Work instruction >>
Between the line containing "holds (ground arith)" and the line containing "erase-apart [] owns at = absurd (cc)" lies a run of lines; give that run again exactly, with both of those lines, and nothing else from the entries below.

### Input ###

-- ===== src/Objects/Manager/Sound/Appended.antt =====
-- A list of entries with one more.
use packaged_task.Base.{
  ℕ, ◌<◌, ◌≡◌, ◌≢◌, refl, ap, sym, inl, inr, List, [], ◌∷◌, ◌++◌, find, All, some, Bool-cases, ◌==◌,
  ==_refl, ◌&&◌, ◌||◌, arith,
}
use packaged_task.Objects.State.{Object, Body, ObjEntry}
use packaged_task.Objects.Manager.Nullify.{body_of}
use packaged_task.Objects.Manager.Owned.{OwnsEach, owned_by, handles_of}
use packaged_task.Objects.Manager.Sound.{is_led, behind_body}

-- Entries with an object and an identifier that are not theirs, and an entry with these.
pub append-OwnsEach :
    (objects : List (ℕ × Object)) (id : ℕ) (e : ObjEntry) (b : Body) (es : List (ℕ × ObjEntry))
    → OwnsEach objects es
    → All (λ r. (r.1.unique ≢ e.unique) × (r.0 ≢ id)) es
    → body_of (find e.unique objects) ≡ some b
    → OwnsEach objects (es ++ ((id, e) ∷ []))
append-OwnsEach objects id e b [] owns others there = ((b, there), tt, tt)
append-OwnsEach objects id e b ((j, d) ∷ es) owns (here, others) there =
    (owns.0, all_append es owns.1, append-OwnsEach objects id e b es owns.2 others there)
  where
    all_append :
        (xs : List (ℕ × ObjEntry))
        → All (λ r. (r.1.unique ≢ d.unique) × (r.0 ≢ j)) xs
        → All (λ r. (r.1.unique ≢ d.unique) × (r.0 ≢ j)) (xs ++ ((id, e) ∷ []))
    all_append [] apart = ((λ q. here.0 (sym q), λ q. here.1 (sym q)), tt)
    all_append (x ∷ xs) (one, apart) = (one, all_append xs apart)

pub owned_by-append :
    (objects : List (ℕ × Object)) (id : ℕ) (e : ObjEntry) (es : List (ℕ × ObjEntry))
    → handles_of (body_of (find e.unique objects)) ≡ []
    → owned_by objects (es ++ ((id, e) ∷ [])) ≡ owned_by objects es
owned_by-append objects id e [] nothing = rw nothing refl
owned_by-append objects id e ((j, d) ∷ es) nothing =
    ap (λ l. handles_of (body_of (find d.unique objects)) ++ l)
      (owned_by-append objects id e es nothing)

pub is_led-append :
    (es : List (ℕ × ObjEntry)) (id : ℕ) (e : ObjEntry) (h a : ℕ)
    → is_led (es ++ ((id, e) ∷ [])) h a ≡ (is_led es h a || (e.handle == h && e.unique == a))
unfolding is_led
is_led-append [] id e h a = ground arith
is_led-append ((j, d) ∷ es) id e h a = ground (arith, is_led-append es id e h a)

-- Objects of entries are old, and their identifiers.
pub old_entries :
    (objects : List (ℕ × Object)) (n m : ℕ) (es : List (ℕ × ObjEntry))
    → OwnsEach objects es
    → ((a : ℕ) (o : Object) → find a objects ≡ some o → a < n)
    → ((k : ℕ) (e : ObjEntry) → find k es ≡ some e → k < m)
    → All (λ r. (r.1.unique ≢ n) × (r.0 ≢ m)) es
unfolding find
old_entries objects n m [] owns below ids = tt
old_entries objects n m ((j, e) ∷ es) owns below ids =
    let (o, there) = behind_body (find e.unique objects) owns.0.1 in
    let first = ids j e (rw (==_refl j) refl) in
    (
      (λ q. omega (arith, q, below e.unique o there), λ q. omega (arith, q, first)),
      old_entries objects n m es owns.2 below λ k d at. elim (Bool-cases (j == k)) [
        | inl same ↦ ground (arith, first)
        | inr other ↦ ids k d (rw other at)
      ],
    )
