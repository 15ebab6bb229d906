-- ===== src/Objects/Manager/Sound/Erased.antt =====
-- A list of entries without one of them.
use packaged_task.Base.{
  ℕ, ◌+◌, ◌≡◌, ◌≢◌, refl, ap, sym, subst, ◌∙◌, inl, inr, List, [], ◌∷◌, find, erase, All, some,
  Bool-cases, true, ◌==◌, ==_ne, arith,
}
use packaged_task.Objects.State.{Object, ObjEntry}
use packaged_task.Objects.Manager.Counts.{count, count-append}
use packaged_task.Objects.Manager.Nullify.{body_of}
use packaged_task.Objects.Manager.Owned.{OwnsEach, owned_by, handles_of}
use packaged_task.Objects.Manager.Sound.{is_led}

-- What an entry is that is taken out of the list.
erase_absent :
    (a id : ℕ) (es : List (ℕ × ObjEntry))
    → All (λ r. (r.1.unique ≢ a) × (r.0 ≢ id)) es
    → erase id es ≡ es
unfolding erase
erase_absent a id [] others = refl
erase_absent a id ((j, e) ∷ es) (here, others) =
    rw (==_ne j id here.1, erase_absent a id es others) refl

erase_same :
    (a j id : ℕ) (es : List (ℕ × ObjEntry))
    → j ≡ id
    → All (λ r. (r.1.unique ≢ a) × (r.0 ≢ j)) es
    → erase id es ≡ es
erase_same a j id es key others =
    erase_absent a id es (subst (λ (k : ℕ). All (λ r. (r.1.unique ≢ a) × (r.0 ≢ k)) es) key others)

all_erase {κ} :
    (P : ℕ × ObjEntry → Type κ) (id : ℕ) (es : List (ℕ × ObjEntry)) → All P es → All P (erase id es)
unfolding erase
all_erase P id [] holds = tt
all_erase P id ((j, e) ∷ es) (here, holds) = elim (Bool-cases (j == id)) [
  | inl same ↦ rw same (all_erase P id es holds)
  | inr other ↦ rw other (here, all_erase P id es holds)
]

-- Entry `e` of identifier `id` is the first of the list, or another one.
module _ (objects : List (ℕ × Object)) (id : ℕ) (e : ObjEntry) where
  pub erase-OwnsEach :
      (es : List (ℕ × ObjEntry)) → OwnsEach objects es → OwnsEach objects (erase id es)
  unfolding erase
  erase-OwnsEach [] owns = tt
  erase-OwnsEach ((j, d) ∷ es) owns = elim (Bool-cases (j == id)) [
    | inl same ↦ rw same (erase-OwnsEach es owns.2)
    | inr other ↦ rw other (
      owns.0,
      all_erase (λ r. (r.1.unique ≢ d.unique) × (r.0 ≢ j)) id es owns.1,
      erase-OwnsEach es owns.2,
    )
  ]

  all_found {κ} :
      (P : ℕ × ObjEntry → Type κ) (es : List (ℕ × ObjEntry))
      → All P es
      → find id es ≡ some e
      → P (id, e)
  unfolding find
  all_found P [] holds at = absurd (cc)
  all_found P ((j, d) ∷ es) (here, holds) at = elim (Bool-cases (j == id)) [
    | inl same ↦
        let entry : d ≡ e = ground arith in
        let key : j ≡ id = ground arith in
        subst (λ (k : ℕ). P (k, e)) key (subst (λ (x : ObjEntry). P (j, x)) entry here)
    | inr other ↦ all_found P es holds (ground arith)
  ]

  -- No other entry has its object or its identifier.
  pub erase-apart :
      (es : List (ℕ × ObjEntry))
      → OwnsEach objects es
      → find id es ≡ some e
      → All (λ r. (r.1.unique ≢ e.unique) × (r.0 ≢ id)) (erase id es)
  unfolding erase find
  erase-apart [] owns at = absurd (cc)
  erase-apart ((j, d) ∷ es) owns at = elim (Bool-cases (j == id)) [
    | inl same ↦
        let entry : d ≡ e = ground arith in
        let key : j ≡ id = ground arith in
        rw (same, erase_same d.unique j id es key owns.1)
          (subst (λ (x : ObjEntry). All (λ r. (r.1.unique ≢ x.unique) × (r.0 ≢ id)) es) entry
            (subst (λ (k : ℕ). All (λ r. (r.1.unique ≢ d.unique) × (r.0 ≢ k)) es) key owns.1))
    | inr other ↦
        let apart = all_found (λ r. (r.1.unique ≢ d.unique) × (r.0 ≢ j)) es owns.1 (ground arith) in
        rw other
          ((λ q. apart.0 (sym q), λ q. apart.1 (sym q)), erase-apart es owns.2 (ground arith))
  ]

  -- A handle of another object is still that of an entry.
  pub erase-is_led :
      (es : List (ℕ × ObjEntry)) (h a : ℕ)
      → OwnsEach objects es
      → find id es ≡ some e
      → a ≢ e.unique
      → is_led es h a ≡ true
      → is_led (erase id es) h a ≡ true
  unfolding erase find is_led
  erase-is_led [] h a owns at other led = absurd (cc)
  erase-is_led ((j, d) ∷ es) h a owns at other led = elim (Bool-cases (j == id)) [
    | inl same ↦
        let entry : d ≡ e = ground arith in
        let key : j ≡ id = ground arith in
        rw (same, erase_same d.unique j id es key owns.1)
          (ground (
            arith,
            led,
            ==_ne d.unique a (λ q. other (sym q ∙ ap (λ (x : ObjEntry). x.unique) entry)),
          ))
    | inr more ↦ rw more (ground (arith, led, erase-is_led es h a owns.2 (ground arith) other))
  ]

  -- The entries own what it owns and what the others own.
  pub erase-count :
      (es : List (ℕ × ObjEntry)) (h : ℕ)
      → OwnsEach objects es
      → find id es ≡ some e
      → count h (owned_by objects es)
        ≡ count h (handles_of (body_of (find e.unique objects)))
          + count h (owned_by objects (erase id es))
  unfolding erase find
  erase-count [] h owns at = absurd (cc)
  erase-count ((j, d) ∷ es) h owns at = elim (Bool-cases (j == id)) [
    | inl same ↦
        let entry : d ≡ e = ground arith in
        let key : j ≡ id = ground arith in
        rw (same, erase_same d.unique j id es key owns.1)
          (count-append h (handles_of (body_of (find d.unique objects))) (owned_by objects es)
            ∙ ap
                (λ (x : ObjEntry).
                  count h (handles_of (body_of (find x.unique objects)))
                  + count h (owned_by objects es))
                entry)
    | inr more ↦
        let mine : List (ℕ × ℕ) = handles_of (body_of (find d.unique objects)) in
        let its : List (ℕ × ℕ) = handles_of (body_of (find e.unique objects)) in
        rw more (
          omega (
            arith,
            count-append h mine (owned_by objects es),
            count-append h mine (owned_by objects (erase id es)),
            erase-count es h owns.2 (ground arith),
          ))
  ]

###

Answer >>
    | inr other ↦ all_found P es holds (ground arith)
  ]

  -- No other entry has its object or its identifier.
  pub erase-apart :
      (es : List (ℕ × ObjEntry))
      → OwnsEach objects es
      → find id es ≡ some e
      → All (λ r. (r.1.unique ≢ e.unique) × (r.0 ≢ id)) (erase id es)
  unfolding erase find
  erase-apart [] owns at = absurd (cc)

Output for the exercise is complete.